[Stored data entries]

►

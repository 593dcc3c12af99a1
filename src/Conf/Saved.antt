-- ===== src/Conf/Saved.antt =====
-- LocalConf: loadConf reads a file that saveConf wrote.
use file_transfer_cmd.Prelude.{
  All, Bool, List, [], ap, arith, false, length, refl, set, some, true, ℕ, ◌++◌, ◌<◌, ◌==◌, ◌^◌,
  ◌∙◌, ◌∷◌, ◌≡◌,
}
use file_transfer_cmd.Conf.{
  LocalConf, Platform, between, codes, is_blank, is_comment_or_empty, load_conf, load_line,
  load_lines, not_negative, read_folder, read_int, read_rate, save_conf, saved_lines, set_value,
  show_int, split_eq, trim, trim_end, trim_start,
}
use file_transfer_cmd.Conf.Numbers.{IsInt, stoi-show_int}
use file_transfer_cmd.Conf.Text.{
  IsPlainText, get_lines-put_lines, one_line, show_int-IsPlainText, trim_end-append,
}
use file_transfer_cmd.Conf.Valid.{IsValid}
use file_transfer_cmd.Prelude.Int.{negsuc, pos, ℤ}

-- What loadConf accepts is an int.
between-IsInt : (lo hi : ℕ) (v : ℤ) → hi < 2 ^ 31 → between lo hi v ≡ true → IsInt v
between-IsInt lo hi (pos n) h e = ground arith
between-IsInt lo hi (negsuc n) h e = ground arith

-- A value in its range is an int of at least 0.
read_int-show_int :
    (in_range : ℤ → Bool) (default v : ℤ)
    → IsInt v
    → in_range v ≡ true
    → read_int in_range default (show_int v) ≡ (false, v)
unfolding read_int
read_int-show_int in_range default v i h = rw (stoi-show_int v i, read_int) (rw h refl)

module _ {D : Type 0} (p : Platform D) where
  -- A line whose key and value are as `split_eq` finds them.
  load_line-setting :
      (line raw key v : List ℕ) (c : LocalConf D)
      → IsPlainText v
      → trim line ≡ line
      → is_comment_or_empty line ≡ false
      → split_eq line ≡ some (raw, b' ' ∷ v)
      → trim raw ≡ key
      → load_line p line c ≡ set_value p key v c
  unfolding load_line trim trim_start is_blank
  load_line-setting line raw key v c t whole text found stripped =
      let value : trim (b' ' ∷ v) ≡ v = ap trim_end t.start ∙ t.end in
      rw (whole, load_line) (rw (text, found, stripped, value) refl)

  -- The line that saveConf writes for a key, `front` being the key with ` = `.
  load_line-saved :
      (front raw key v : List ℕ) (c : LocalConf D)
      → IsPlainText v
      → trim_start (front ++ v) ≡ front ++ v
      → is_comment_or_empty (front ++ v) ≡ false
      → split_eq (front ++ v) ≡ some (raw, b' ' ∷ v)
      → trim raw ≡ key
      → load_line p (front ++ v) c ≡ set_value p key v c
  unfolding trim
  load_line-saved front raw key v c t first text found stripped =
      load_line-setting (front ++ v) raw key v c t (ap trim_end first ∙ trim_end-append front v t)
        text found stripped

  -- The same for an integer.
  load_line-int :
      (front raw key : List ℕ) (in_range : ℤ → Bool) (default : ℤ) (place : ℤ → LocalConf D) (v : ℤ)
      (c : LocalConf D)
      → IsInt v
      → in_range v ≡ true
      → trim_start (front ++ show_int v) ≡ front ++ show_int v
      → is_comment_or_empty (front ++ show_int v) ≡ false
      → split_eq (front ++ show_int v) ≡ some (raw, b' ' ∷ show_int v)
      → trim raw ≡ key
      → set_value p key (show_int v) c
        ≡ (let (e, x) = read_int in_range default (show_int v) in (e, place x))
      → load_line p (front ++ show_int v) c ≡ (false, place v)
  load_line-int front raw key in_range default place v c i h first text found stripped set =
      load_line-saved front raw key (show_int v) c (show_int-IsPlainText v) first text found
        stripped
      ∙ set
      ∙ ap (λ r. (r.0, place r.1)) (read_int-show_int in_range default v i h)

  load_lines-step :
      (line : List ℕ) (lines : List (List ℕ)) (c c' c'' : LocalConf D)
      → load_line p line c ≡ (false, c')
      → load_lines p lines c' ≡ (false, c'')
      → load_lines p (line ∷ lines) c ≡ (false, c'')
  unfolding load_lines
  load_lines-step line lines c c' c'' e h = rw (e, load_lines) (rw h refl)

  gid_line :
      (c : LocalConf D) (v : ℤ)
      → IsInt v
      → not_negative v ≡ true
      → load_line p (codes "RdmaGidIndex = " ++ show_int v) c
        ≡ (false, record c { rdma_gid_index = v })
  unfolding trim trim_start trim_end is_blank is_comment_or_empty split_eq set_value
  gid_line c v i h =
      load_line-int (codes "RdmaGidIndex = ") _ _ not_negative (pos 0)
        (λ x. record c { rdma_gid_index = x }) v c i h refl refl refl refl refl

  port_line :
      (c : LocalConf D) (v : ℤ)
      → between 1 65535 v ≡ true
      → load_line p (codes "ListenPort = " ++ show_int v) c ≡ (false, record c { local_port = v })
  unfolding trim trim_start trim_end is_blank is_comment_or_empty split_eq set_value
  port_line c v h =
      load_line-int (codes "ListenPort = ") _ _ (between 1 65535) (pos 52025)
        (λ x. record c { local_port = x }) v c (between-IsInt 1 65535 v (omega arith) h) h refl refl
        refl refl refl

  threads_line :
      (c : LocalConf D) (v : ℤ)
      → between 1 1024 v ≡ true
      → load_line p (codes "MaxThreadNum = " ++ show_int v) c
        ≡ (false, record c { max_thread_num = v })
  unfolding trim trim_start trim_end is_blank is_comment_or_empty split_eq set_value
  threads_line c v h =
      load_line-int (codes "MaxThreadNum = ") _ _ (between 1 1024) (pos 16)
        (λ x. record c { max_thread_num = x }) v c (between-IsInt 1 1024 v (omega arith) h) h refl
        refl refl refl refl

  size_line :
      (c : LocalConf D) (v : ℤ)
      → between 1 1048576 v ≡ true
      → load_line p (codes "BlockSize = " ++ show_int v) c ≡ (false, record c { block_size = v })
  unfolding trim trim_start trim_end is_blank is_comment_or_empty split_eq set_value
  size_line c v h =
      load_line-int (codes "BlockSize = ") _ _ (between 1 1048576) (pos 1024)
        (λ x. record c { block_size = x }) v c (between-IsInt 1 1048576 v (omega arith) h) h refl
        refl refl refl refl

  blocks_line :
      (c : LocalConf D) (v : ℤ)
      → between 1 65536 v ≡ true
      → load_line p (codes "BlockNum = " ++ show_int v) c ≡ (false, record c { block_num = v })
  unfolding trim trim_start trim_end is_blank is_comment_or_empty split_eq set_value
  blocks_line c v h =
      load_line-int (codes "BlockNum = ") _ _ (between 1 65536) (pos 256)
        (λ x. record c { block_num = x }) v c (between-IsInt 1 65536 v (omega arith) h) h refl refl
        refl refl refl

  read_rate-show_double :
      (r : D)
      → p.stod (p.show_double r) ≡ some r
      → p.doubles.le r (p.doubles.of_nat 0) ≡ false
      → read_rate p (p.show_double r) ≡ (false, r)
  unfolding read_rate
  read_rate-show_double r e h = rw (e, read_rate) (rw h refl)

  rate_line :
      (c : LocalConf D) (r : D)
      → IsPlainText (p.show_double r)
      → p.stod (p.show_double r) ≡ some r
      → p.doubles.le r (p.doubles.of_nat 0) ≡ false
      → load_line p (codes "DefaultRate = " ++ p.show_double r) c
        ≡ (false, record c { default_rate = r })
  unfolding trim trim_start trim_end is_blank is_comment_or_empty split_eq set_value
  rate_line c r t e h =
      load_line-saved (codes "DefaultRate = ") _ (codes "DefaultRate") (p.show_double r) c t refl
        refl refl refl
      ∙ ap (λ x. (x.0, record c { default_rate = x.1 })) (read_rate-show_double r e h)

  read_folder-there :
      (path : List ℕ)
      → IsPlainText path
      → p.dir_exists path ≡ true
      → read_folder p path ≡ (false, path)
  unfolding read_folder
  read_folder-there path t h =
      let text : (length path == 0) ≡ false = ground (arith, t.some_text) in
      rw (text, read_folder) (rw h refl)

  folder_line :
      (c : LocalConf D) (path : List ℕ)
      → IsPlainText path
      → p.dir_exists path ≡ true
      → load_line p (codes "SavedFolderPath = " ++ path) c
        ≡ (false, record c { saved_folder_path = path })
  unfolding trim trim_start trim_end is_blank is_comment_or_empty split_eq set_value
  folder_line c path t h =
      load_line-saved (codes "SavedFolderPath = ") _ (codes "SavedFolderPath") path c t refl refl
        refl refl
      ∙ ap (λ x. (x.0, record c { saved_folder_path = x.1 })) (read_folder-there path t h)

  first_line : (c : LocalConf D) → load_line p (codes "# Configuration File") c ≡ (false, c)
  unfolding load_line trim trim_start trim_end is_blank is_comment_or_empty
  first_line c = refl

  last_lines :
      (c : LocalConf D) → load_lines p (codes "# End of Configuration File" ∷ []) c ≡ (false, c)
  unfolding load_lines load_line trim trim_start trim_end is_blank is_comment_or_empty
  last_lines c = refl

load_lines-saved_lines :
    {D : Type 0} (p : Platform D) (c before : LocalConf D)
    → IsValid p c
    → IsInt c.rdma_gid_index
    → IsPlainText (p.show_double c.default_rate)
    → p.stod (p.show_double c.default_rate) ≡ some c.default_rate
    → IsPlainText c.saved_folder_path
    → p.dir_exists c.saved_folder_path ≡ true
    → load_lines p (saved_lines p c) before ≡ (false, c)
unfolding saved_lines
load_lines-saved_lines p c before v i t e folder there =
    let step = load_lines-step p in
    step _ _ before before c (first_line p before) (
      step _ _ _ _ _ (gid_line p before c.rdma_gid_index i v.gid) (
        step _ _ _ _ _ (port_line p _ c.local_port v.port) (
          step _ _ _ _ _ (threads_line p _ c.max_thread_num v.threads) (
            step _ _ _ _ _ (rate_line p _ c.default_rate t e v.rate) (
              step _ _ _ _ _ (size_line p _ c.block_size v.size) (
                step _ _ _ _ _ (blocks_line p _ c.block_num v.blocks) (
                  step _ _ _ _ _ (folder_line p _ c.saved_folder_path folder there)
                    (last_lines p c))))))))

saved_lines-one_line :
    {D : Type 0} (p : Platform D) (c : LocalConf D)
    → IsPlainText (p.show_double c.default_rate)
    → IsPlainText c.saved_folder_path
    → All (λ l. one_line l ≡ true) (saved_lines p c)
unfolding saved_lines
saved_lines-one_line p c t folder = (
  refl,
  (
    (show_int-IsPlainText c.rdma_gid_index).line,
    (
      (show_int-IsPlainText c.local_port).line,
      (
        (show_int-IsPlainText c.max_thread_num).line,
        (
          t.line,
          (
            (show_int-IsPlainText c.block_size).line,
            ((show_int-IsPlainText c.block_num).line, (folder.line, (refl, tt))),
          ),
        ),
      ),
    ),
  ),
)

-- A configuration whose values are in their ranges comes back whole: loadConf on the text that
-- saveConf wrote reports no error and gives every field its saved value, whatever the fields held
-- before, if the index is an int, std::stod reads the rate back from its text, the text of the rate
-- and the folder's path are not empty, have no blanks at their ends and no newline in them, and the
-- folder is there.
pub load_conf-save_conf :
    {D : Type 0} (p : Platform D) (c before : LocalConf D)
    → IsValid p c
    → IsInt c.rdma_gid_index
    → IsPlainText (p.show_double c.default_rate)
    → p.stod (p.show_double c.default_rate) ≡ some c.default_rate
    → IsPlainText c.saved_folder_path
    → p.dir_exists c.saved_folder_path ≡ true
    → load_conf p (save_conf p c) before ≡ (false, c)
unfolding save_conf load_conf
load_conf-save_conf p c before v i t e folder there =
    ap (λ ls. load_lines p ls before)
      (get_lines-put_lines (saved_lines p c) (saved_lines-one_line p c t folder))
    ∙ load_lines-saved_lines p c before v i t e folder there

◄

WHAT THE TASK ASKS:
The expected answer is every line above in which the word "place" appears.

TASK RESULT:
      (front raw key : List ℕ) (in_range : ℤ → Bool) (default : ℤ) (place : ℤ → LocalConf D) (v : ℤ)
        ≡ (let (e, x) = read_int in_range default (show_int v) in (e, place x))
      → load_line p (front ++ show_int v) c ≡ (false, place v)
  load_line-int front raw key in_range default place v c i h first text found stripped set =
      ∙ ap (λ r. (r.0, place r.1)) (read_int-show_int in_range default v i h)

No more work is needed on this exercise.